§ Dataset records:
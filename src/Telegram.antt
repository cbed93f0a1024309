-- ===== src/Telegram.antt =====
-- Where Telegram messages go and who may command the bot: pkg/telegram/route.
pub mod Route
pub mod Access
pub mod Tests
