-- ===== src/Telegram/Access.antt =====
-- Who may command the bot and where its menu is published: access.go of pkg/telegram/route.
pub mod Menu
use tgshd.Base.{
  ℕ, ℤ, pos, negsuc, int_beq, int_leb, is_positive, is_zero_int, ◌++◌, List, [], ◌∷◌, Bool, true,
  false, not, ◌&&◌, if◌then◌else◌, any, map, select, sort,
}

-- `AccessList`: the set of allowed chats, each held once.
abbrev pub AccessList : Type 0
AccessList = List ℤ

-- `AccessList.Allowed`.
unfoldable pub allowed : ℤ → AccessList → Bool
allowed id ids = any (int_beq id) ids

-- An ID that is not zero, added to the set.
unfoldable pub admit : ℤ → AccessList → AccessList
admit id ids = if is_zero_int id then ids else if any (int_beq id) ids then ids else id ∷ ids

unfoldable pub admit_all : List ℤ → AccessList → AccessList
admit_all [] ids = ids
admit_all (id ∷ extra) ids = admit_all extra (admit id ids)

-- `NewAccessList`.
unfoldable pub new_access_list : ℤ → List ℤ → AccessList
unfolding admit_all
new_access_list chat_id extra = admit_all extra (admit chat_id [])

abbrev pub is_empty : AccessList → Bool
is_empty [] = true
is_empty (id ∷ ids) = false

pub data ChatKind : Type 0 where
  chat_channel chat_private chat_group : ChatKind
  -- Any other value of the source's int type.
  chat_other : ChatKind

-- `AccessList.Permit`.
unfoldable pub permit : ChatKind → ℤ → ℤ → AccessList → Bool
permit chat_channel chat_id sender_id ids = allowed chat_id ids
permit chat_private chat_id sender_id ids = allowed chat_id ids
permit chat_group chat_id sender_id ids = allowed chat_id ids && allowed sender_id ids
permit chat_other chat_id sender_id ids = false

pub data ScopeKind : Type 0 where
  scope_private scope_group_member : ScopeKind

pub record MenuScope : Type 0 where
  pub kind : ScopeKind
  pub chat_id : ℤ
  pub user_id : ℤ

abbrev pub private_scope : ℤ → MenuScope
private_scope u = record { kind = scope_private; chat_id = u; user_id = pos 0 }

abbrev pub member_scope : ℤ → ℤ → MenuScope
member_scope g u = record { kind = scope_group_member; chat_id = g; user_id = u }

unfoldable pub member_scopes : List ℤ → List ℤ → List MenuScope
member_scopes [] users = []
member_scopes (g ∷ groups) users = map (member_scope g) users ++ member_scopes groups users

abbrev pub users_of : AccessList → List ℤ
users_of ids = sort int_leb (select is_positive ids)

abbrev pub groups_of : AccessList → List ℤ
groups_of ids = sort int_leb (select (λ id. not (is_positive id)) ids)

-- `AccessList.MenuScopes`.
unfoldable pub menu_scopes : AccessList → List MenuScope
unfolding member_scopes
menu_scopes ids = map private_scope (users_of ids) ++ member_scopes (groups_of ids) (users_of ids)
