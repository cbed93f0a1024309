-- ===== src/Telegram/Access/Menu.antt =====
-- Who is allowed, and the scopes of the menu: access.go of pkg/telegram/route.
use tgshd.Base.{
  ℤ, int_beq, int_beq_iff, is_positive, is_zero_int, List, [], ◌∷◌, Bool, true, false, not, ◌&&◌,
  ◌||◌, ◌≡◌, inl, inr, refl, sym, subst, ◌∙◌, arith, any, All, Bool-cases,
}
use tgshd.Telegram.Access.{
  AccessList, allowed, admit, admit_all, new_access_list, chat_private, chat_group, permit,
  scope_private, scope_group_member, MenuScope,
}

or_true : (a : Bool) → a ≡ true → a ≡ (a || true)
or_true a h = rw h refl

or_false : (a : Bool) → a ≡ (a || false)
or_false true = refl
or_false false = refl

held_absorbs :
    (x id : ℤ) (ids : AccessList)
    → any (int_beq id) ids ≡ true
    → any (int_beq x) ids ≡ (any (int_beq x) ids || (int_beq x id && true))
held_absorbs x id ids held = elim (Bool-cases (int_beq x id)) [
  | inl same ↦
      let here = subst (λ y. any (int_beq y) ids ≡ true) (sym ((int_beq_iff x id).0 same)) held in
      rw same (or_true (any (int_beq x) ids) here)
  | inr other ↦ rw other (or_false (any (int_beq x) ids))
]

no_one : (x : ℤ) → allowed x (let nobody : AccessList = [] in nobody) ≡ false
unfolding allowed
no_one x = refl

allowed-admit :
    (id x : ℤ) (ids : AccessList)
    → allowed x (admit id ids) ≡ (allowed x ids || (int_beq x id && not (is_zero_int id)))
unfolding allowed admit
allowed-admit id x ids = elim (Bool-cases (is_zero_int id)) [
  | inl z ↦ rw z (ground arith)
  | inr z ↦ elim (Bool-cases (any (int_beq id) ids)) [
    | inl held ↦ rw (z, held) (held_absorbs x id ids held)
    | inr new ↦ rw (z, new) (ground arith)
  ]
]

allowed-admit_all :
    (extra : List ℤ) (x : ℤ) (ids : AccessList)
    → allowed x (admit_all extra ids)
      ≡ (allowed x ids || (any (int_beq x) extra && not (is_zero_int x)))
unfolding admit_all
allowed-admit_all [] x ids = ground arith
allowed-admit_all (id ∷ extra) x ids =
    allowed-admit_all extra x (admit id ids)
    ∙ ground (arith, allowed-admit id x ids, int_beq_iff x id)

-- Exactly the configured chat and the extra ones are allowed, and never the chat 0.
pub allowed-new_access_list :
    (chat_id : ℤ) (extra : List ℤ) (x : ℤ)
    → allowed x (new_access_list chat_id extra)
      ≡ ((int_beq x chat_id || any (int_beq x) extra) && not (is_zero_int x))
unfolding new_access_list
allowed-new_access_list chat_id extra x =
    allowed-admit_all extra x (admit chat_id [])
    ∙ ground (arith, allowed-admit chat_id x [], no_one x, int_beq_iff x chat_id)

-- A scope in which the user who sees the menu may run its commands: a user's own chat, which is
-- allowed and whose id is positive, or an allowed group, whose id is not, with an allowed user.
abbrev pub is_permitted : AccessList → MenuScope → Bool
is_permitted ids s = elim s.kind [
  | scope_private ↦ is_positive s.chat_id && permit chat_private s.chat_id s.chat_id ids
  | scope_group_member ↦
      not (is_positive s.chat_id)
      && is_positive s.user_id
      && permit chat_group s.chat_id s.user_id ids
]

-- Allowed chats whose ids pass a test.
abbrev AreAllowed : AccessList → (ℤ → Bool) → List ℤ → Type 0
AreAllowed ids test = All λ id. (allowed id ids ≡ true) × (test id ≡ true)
---
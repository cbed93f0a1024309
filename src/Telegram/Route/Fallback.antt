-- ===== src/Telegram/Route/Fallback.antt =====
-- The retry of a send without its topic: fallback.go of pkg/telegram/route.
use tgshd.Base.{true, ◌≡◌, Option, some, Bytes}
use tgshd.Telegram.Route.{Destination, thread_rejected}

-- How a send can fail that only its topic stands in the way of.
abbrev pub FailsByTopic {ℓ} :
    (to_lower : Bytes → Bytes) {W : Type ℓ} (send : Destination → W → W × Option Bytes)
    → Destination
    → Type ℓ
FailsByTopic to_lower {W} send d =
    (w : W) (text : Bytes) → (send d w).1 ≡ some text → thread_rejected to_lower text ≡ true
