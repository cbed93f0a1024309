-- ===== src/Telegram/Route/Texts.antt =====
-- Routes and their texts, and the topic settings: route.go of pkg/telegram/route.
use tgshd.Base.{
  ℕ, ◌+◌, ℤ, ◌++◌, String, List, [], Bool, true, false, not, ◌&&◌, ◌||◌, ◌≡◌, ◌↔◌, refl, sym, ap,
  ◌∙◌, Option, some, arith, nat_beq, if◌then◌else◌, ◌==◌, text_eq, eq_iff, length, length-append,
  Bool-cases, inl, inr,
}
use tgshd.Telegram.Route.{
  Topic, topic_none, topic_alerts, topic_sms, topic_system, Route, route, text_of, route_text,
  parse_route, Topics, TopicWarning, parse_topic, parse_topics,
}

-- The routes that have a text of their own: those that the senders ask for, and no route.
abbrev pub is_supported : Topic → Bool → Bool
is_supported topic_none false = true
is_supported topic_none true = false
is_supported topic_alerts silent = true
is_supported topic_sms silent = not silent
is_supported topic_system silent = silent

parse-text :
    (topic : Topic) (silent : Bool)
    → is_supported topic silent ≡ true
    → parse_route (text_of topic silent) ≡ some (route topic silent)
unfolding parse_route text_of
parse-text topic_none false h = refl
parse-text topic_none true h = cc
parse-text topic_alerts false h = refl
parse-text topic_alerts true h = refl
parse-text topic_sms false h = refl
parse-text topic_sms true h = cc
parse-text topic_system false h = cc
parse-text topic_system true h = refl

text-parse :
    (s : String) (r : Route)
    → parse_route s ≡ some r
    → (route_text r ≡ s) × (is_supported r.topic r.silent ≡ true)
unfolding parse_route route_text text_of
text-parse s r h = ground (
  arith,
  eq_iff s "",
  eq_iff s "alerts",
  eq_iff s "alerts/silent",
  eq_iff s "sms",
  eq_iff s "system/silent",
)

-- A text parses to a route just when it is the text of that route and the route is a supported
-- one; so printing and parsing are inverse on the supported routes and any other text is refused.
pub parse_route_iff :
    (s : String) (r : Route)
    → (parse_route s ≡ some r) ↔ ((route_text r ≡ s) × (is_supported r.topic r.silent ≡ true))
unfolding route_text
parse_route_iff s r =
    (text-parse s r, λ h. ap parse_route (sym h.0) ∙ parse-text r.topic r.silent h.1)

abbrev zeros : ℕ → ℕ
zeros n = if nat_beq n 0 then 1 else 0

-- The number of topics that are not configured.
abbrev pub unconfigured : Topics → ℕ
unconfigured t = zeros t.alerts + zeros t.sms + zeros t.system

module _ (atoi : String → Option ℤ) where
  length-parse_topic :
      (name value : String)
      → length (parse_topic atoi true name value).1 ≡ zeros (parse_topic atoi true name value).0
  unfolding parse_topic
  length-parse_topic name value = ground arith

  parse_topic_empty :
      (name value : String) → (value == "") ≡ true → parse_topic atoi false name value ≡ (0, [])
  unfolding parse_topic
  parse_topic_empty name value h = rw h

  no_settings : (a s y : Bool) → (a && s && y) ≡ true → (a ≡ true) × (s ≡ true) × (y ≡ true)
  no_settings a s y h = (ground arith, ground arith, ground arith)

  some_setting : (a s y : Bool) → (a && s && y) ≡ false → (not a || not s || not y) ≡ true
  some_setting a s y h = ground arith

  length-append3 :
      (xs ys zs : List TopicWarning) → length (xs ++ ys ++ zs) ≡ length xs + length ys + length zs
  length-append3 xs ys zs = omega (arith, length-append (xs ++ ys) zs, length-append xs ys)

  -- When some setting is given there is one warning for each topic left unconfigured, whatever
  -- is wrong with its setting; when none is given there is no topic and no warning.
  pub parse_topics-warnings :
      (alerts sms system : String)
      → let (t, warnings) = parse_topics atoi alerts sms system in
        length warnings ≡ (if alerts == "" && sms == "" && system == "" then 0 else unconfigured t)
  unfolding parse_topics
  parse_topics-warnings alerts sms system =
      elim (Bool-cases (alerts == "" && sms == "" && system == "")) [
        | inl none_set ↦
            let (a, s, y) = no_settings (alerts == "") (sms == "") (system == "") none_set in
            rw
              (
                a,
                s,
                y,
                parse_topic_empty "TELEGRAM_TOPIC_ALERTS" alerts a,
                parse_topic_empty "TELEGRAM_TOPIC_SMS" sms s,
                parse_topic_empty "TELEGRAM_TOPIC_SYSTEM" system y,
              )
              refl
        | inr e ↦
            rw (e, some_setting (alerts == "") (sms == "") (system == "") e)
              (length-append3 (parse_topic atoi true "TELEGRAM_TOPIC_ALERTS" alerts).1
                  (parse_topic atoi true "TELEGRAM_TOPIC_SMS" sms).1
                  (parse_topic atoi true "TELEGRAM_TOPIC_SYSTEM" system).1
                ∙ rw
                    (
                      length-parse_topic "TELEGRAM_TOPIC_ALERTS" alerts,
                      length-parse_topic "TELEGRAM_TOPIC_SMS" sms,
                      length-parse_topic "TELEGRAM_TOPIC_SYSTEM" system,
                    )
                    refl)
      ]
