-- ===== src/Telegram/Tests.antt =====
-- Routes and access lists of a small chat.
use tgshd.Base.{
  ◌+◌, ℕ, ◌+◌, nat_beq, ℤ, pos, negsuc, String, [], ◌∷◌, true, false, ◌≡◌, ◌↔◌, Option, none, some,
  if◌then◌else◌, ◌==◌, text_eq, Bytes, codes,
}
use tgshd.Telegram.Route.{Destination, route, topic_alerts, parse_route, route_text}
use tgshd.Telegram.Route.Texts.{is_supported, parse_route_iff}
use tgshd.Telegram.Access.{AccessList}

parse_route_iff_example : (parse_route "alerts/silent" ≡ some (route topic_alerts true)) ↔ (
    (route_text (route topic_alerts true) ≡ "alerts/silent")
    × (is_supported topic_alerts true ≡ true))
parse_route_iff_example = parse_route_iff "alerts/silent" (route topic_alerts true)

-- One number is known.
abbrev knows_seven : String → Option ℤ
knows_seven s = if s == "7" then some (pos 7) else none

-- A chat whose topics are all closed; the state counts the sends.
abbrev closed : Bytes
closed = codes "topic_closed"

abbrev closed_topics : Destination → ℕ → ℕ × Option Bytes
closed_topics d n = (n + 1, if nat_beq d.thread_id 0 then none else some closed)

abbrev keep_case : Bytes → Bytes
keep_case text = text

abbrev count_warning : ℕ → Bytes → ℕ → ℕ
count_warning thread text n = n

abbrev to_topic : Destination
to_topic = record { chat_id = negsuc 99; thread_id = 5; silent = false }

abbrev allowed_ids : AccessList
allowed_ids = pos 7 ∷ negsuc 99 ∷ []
...
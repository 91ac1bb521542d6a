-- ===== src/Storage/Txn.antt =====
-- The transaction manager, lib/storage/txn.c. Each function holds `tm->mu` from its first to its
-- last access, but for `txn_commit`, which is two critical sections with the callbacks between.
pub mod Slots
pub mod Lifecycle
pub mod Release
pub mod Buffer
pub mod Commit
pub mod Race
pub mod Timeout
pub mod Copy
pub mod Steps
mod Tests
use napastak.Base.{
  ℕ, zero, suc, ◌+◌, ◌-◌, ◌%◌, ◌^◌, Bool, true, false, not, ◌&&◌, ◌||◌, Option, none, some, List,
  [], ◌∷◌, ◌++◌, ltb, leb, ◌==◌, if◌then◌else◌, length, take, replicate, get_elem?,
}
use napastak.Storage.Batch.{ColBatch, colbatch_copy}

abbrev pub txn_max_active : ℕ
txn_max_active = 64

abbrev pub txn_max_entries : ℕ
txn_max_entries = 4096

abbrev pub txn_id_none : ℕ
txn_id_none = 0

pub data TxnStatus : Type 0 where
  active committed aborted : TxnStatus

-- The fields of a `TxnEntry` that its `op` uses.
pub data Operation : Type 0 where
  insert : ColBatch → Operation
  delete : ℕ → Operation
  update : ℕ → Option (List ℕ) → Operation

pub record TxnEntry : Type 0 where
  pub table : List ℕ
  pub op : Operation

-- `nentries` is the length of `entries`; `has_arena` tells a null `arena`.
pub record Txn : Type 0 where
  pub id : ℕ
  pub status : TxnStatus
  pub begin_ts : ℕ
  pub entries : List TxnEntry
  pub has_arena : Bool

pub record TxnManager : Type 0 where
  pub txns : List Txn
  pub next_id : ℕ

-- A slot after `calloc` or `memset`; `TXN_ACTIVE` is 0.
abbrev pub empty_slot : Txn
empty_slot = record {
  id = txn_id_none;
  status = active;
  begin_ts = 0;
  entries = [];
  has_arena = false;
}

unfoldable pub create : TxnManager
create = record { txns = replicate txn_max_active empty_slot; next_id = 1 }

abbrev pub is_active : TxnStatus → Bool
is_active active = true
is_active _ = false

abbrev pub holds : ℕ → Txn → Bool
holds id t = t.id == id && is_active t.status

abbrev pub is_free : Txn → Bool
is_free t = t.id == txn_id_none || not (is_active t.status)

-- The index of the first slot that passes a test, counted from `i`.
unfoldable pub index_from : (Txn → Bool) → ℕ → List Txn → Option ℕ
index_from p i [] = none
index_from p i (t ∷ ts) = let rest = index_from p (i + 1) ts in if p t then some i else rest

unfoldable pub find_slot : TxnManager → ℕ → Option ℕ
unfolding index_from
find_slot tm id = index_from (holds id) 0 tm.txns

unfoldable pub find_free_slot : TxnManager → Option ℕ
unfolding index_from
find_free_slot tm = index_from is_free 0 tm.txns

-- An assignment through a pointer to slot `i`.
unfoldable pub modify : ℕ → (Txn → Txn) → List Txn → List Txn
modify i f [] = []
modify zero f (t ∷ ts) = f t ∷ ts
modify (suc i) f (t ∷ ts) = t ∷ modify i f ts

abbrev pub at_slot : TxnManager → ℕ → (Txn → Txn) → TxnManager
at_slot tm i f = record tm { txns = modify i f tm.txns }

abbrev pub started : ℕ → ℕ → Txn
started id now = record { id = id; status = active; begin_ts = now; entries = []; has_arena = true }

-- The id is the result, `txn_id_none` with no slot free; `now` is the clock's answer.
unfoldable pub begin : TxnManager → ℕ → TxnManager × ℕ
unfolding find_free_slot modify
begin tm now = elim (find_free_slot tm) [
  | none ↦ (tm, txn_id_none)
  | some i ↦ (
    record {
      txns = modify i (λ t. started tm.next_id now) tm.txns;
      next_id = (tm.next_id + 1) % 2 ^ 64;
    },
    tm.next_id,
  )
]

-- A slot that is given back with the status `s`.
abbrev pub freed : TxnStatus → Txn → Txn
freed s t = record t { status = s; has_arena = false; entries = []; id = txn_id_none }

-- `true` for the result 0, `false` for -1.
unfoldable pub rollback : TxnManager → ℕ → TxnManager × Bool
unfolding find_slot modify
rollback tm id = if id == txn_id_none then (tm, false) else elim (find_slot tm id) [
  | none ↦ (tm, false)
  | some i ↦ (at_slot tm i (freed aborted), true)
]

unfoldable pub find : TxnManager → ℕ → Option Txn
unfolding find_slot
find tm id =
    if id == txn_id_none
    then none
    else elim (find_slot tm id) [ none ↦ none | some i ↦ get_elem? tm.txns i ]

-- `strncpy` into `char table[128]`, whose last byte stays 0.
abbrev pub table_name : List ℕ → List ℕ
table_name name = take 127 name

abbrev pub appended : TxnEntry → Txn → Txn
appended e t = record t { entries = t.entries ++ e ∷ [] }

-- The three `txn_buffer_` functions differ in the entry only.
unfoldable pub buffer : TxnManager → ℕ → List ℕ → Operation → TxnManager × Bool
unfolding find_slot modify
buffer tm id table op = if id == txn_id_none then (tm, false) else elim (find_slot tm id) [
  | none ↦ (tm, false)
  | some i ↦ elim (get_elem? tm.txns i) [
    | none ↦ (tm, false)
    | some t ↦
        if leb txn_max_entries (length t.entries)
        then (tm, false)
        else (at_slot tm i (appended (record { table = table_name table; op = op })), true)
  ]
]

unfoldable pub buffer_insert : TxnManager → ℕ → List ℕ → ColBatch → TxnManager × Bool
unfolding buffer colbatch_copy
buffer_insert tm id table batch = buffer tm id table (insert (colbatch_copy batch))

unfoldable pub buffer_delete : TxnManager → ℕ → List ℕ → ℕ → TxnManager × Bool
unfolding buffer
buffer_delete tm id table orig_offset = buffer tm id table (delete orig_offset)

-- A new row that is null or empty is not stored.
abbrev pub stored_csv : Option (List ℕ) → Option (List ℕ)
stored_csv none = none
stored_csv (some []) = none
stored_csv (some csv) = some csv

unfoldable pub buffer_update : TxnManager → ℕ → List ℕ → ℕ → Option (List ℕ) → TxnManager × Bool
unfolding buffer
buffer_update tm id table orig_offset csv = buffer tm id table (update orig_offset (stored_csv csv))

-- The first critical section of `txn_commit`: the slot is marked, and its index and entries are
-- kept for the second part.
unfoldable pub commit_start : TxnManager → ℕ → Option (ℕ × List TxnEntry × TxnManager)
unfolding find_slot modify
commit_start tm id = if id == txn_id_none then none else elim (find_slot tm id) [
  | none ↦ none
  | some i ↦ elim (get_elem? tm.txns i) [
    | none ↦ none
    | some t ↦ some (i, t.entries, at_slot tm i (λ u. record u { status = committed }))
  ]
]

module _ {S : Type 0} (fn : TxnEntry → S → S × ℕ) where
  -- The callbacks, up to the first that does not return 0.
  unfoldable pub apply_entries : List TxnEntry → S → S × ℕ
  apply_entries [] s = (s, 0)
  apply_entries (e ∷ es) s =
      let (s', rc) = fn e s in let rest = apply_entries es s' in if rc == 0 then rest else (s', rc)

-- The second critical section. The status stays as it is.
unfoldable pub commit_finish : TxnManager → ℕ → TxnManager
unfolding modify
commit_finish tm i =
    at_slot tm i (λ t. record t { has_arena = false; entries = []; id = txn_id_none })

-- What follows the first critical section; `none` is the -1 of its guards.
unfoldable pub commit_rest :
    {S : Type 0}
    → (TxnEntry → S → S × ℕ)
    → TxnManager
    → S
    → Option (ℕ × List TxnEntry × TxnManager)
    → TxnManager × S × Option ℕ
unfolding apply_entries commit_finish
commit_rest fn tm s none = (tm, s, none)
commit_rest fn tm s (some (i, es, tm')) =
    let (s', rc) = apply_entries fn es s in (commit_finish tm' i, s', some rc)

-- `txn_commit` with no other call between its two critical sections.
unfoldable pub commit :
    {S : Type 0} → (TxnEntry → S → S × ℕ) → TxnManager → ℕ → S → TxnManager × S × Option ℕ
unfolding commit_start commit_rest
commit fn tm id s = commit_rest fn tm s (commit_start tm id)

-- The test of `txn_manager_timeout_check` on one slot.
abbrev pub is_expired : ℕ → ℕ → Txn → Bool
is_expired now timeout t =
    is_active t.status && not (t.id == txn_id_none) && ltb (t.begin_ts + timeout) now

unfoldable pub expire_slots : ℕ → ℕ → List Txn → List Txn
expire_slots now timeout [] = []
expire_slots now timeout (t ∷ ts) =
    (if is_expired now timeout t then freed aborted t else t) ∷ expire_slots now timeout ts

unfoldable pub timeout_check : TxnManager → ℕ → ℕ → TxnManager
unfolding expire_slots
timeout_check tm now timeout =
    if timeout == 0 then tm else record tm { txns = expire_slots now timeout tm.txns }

§ What is expected: Taking the entries above, write out exactly each line from the one holding "filename src/Telegram.antt" to the one holding "unfoldable pub admit : ℤ", both included, and stop there.

§ Result for this task:
filename src/Telegram.antt
repository cbed93f0a1024309
-- ===== src/Telegram.antt =====
-- Where Telegram messages go and who may command the bot: pkg/telegram/route.
pub mod Route
pub mod Access
pub mod Tests
-- ===== src/Telegram/Access.antt =====
-- Who may command the bot and where its menu is published: access.go of pkg/telegram/route.
pub mod Menu
use tgshd.Base.{
  ℕ, ℤ, pos, negsuc, int_beq, int_leb, is_positive, is_zero_int, ◌++◌, List, [], ◌∷◌, Bool, true,
  false, not, ◌&&◌, if◌then◌else◌, any, map, select, sort,
}

-- `AccessList`: the set of allowed chats, each held once.
abbrev pub AccessList : Type 0
AccessList = List ℤ

-- `AccessList.Allowed`.
unfoldable pub allowed : ℤ → AccessList → Bool
allowed id ids = any (int_beq id) ids

-- An ID that is not zero, added to the set.
unfoldable pub admit : ℤ → AccessList → AccessList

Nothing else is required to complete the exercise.